EXERCISE DETAILS> Tell how many lines in the data below contain "every", using one number as the whole reply.
**** DATA TO USE
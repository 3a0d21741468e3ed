-- ===== src/Stats/Messages/Indices.antt =====
-- The addition to the message count gives every call an index of its own.
use aeron_fast.Stats.{compare_exchange, detailed_record_count}
use aeron_fast.Base.{
  ℕ, ◌≤◌, ◌≡◌, refl, ◌∙◌, inl, inr, some, List, [], ◌∷◌, ◌++◌, arith, length, get_elem?, set,
  length-append, ltb, if◌then◌else◌, IsU64, Bool-cases, All, All-set, All-map, All-replicate,
  All-get_elem?, lt-get_elem?, get_elem?-append, get_elem?-append_left, Bool, true, false, suc, ◌⊎◌,
  ◌<◌,
}
use aeron_fast.Stats.Defs.{PerformanceStats}
use aeron_fast.Stats.Messages.{
  Delivery, Place, Pc, proceed, exec, recording, System, drawn_after, Step, call, run, start, Reach,
  here, next, latency,
}

-- How far a call with an index is: the updates it has behind it.
abbrev pub rank : Place → ℕ
rank Place.dating_first = 0
rank Place.dating_last = 1
rank Place.totalling = 2
rank Place.loading_min = 3
rank (Place.lowering c) = 3
rank Place.naming_index = 4
rank Place.naming_send = 4
rank Place.naming_receive = 4
rank Place.loading_max = 4
rank (Place.raising c) = 4
rank Place.storing_send = 5
rank Place.storing_receive = 6
rank Place.storing_latency = 7
rank Place.storing_count = 8
rank Place.bucketing = 9

-- An operation of a call ends it after the last update, or leaves it with its arguments and its
-- index, no earlier than it was and at most one update further; but a call with no room for its
-- record goes from the loop for the maximum to the buckets.
pub data Next (p : Place) (d : Delivery) (i : ℕ) : Pc → Type 0 where
  ended : rank p ≡ 9 → Next p d i Pc.idle
  onward :
      (p' : Place)
      → rank p ≤ rank p'
      → (rank p' ≤ suc (rank p)) ⊎ ((rank p ≡ 4) × (detailed_record_count ≤ i))
      → Next p d i (Pc.inside p' d i)

recording-rank :
    (i : ℕ) → (4 ≤ rank (recording i)) × ((rank (recording i) ≤ 5) ⊎ (detailed_record_count ≤ i))
recording-rank i = elim (Bool-cases (ltb i detailed_record_count)) [
  | inl p ↦ rw p (omega arith, inl (omega arith))
  | inr p ↦ rw p (omega arith, inr (ground arith))
]

Next-of_loop :
    (p : Place) (success : Bool) (out again : Place) (d : Delivery) (i : ℕ)
    → rank p ≡ rank again
    → rank p ≤ rank out
    → (rank out ≤ suc (rank p)) ⊎ ((rank p ≡ 4) × (detailed_record_count ≤ i))
    → Next p d i (Pc.inside (if success then out else again) d i)
Next-of_loop p true out again d i e le up = onward out le up
Next-of_loop p false out again d i e le up = onward again (omega arith) (inl (omega arith))

recording_up :
    (i : ℕ) (c : ℕ)
    → (rank (recording i) ≤ 5) ⊎ (detailed_record_count ≤ i)
    → (rank (recording i) ≤ 5) ⊎ ((rank (Place.raising c) ≡ 4) × (detailed_record_count ≤ i))
recording_up i c (inl p) = inl p
recording_up i c (inr p) = inr (refl, p)

pub proceed-Next :
    (p : Place) (d : Delivery) (i : ℕ) (m : PerformanceStats) → Next p d i (proceed p d i m).0
unfolding proceed
proceed-Next Place.dating_first d i m = onward _ (omega arith) (inl (omega arith))
proceed-Next Place.dating_last d i m = onward _ (omega arith) (inl (omega arith))
proceed-Next Place.totalling d i m = onward _ (omega arith) (inl (omega arith))
proceed-Next Place.loading_min d i m = onward _ (omega arith) (inl (omega arith))
proceed-Next (Place.lowering c) d i m =
    let x = compare_exchange m.counters.min_latency c (latency d) in
    elim (Bool-cases (ltb (latency d) c)) [
      | inr p ↦ rw p (onward _ (omega arith) (inl (omega arith)))
      | inl p ↦ rw p (
          Next-of_loop (Place.lowering c) x.success Place.naming_index (Place.lowering x.expected) d
            i refl (omega arith) (inl (omega arith)))
    ]
proceed-Next Place.naming_index d i m = onward _ (omega arith) (inl (omega arith))
proceed-Next Place.naming_send d i m = onward _ (omega arith) (inl (omega arith))
proceed-Next Place.naming_receive d i m = onward _ (omega arith) (inl (omega arith))
proceed-Next Place.loading_max d i m = onward _ (omega arith) (inl (omega arith))
proceed-Next (Place.raising c) d i m =
    let x = compare_exchange m.counters.max_latency c (latency d) in
    let (low, high) = recording-rank i in
    elim (Bool-cases (ltb c (latency d))) [
      | inr p ↦ rw p (onward (recording i) low (recording_up i c high))
      | inl p ↦ rw p (
          Next-of_loop (Place.raising c) x.success (recording i) (Place.raising x.expected) d i refl
            low (recording_up i c high))
    ]
proceed-Next Place.storing_send d i m = onward _ (omega arith) (inl (omega arith))
proceed-Next Place.storing_receive d i m = onward _ (omega arith) (inl (omega arith))
proceed-Next Place.storing_latency d i m = onward _ (omega arith) (inl (omega arith))
proceed-Next Place.storing_count d i m = onward _ (omega arith) (inl (omega arith))
proceed-Next Place.bucketing d i m = ended refl

-- The next place of a call that does not end.
pub Next-place :
    (p : Place) (d : Delivery) (i : ℕ) {pc : Pc}
    → Next p d i pc
    → rank p < 9
    → (p' : Place) × (pc ≡ Pc.inside p' d i)
      × ((rank p' ≤ suc (rank p)) ⊎ ((rank p ≡ 4) × (detailed_record_count ≤ i)))
Next-place p d i (ended e) lt = absurd (omega arith)
Next-place p d i (onward p' le up) lt = (p', refl, up)

-- A call stands in the list of draws at its index.
abbrev pub IsDrawn : List Delivery → Pc → Type 0
IsDrawn drawn (Pc.inside p d i) = get_elem? drawn i ≡ some d
IsDrawn drawn pc = Unit {0}

IsDrawn-append :
    (drawn more : List Delivery) (pc : Pc) → IsDrawn drawn pc → IsDrawn (drawn ++ more) pc
IsDrawn-append drawn more Pc.idle h = tt
IsDrawn-append drawn more (Pc.drawing d) h = tt
IsDrawn-append drawn more (Pc.inside p d i) h =
    get_elem?-append_left drawn more i (lt-get_elem? drawn i d h) ∙ h

Next-IsDrawn :
    (drawn : List Delivery) {p : Place} {d : Delivery} {i : ℕ} {pc : Pc}
    → Next p d i pc
    → get_elem? drawn i ≡ some d
    → IsDrawn drawn pc
Next-IsDrawn drawn (ended e) h = tt
Next-IsDrawn drawn (onward p' le up) h = h

-- What holds at every moment before the counter wraps.
pub record IsIndexed (s : System) : Type 0 where
  pub count : s.memory.counters.message_count ≡ length s.drawn
  pub indices : All (IsDrawn s.drawn) s.threads

proceed_count :
    (p : Place) (d : Delivery) (i : ℕ) (m : PerformanceStats)
    → (proceed p d i m).1.counters.message_count ≡ m.counters.message_count
unfolding proceed
proceed_count Place.dating_first d i m = refl
proceed_count p d i m = ground arith

pub run-IsIndexed :
    (s : System) (i : ℕ) (pc : Pc)
    → get_elem? s.threads i ≡ some pc
    → IsU64 (length (drawn_after pc s.drawn))
    → IsIndexed s
    → IsIndexed (record s {
      memory = (exec pc s.memory).1;
      threads = set s.threads i (exec pc s.memory).0;
      drawn = drawn_after pc s.drawn;
    })
unfolding exec
run-IsIndexed s i Pc.idle e small h = record {
  count = h.count;
  indices = All-set (IsDrawn s.drawn) s.threads i Pc.idle tt h.indices;
}
run-IsIndexed s i (Pc.drawing d) e small h =
    let more = length-append s.drawn (d ∷ []) in
    record {
      count = omega (arith, more, h.count);
      indices =
          All-set (IsDrawn (s.drawn ++ d ∷ [])) s.threads i
            (Pc.inside Place.dating_first d s.memory.counters.message_count)
            (rw h.count (get_elem?-append s.drawn d []))
            (All-map (IsDrawn s.drawn) (IsDrawn (s.drawn ++ d ∷ [])) s.threads
              (IsDrawn-append s.drawn (d ∷ [])) h.indices);
    }
run-IsIndexed s i (Pc.inside p d n) e small h = record {
  count = proceed_count p d n s.memory ∙ h.count;
  indices =
      All-set (IsDrawn s.drawn) s.threads i (proceed p d n s.memory).0
        (Next-IsDrawn s.drawn (proceed-Next p d n s.memory)
          (All-get_elem? (IsDrawn s.drawn) s.threads i (Pc.inside p d n) e h.indices))
        h.indices;
}

pub Step-IsIndexed : {s t : System} → Step s t → IsU64 (length t.drawn) → IsIndexed s → IsIndexed t
Step-IsIndexed {s} (call i d e) small h = record {
  count = h.count;
  indices = All-set (IsDrawn s.drawn) s.threads i (Pc.drawing d) tt h.indices;
}
Step-IsIndexed {s} (run i pc e) small h = run-IsIndexed s i pc e small h

pub drawn_after_le :
    (pc : Pc) (drawn : List Delivery) → length drawn ≤ length (drawn_after pc drawn)
drawn_after_le Pc.idle drawn = omega arith
drawn_after_le (Pc.drawing d) drawn = omega (arith, length-append drawn (d ∷ []))
drawn_after_le (Pc.inside p d i) drawn = omega arith

-- A counter that has not wrapped had not wrapped before.
pub Step-small : {s t : System} → Step s t → IsU64 (length t.drawn) → IsU64 (length s.drawn)
Step-small (call i d e) small = small
Step-small {s} (run i pc e) small = omega (arith, drawn_after_le pc s.drawn)

pub Reach-IsIndexed :
    (n : ℕ) (memory : PerformanceStats) {s : System}
    → memory.counters.message_count ≡ 0
    → Reach (start n memory) s
    → IsU64 (length s.drawn)
    → IsIndexed s
Reach-IsIndexed n memory zeroed here small = record {
  count = zeroed;
  indices = All-replicate (IsDrawn []) n Pc.idle tt;
}
Reach-IsIndexed n memory zeroed (next r st) small =
    Step-IsIndexed st small (Reach-IsIndexed n memory zeroed r (Step-small st small))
********
EXERCISE OUTPUT> 2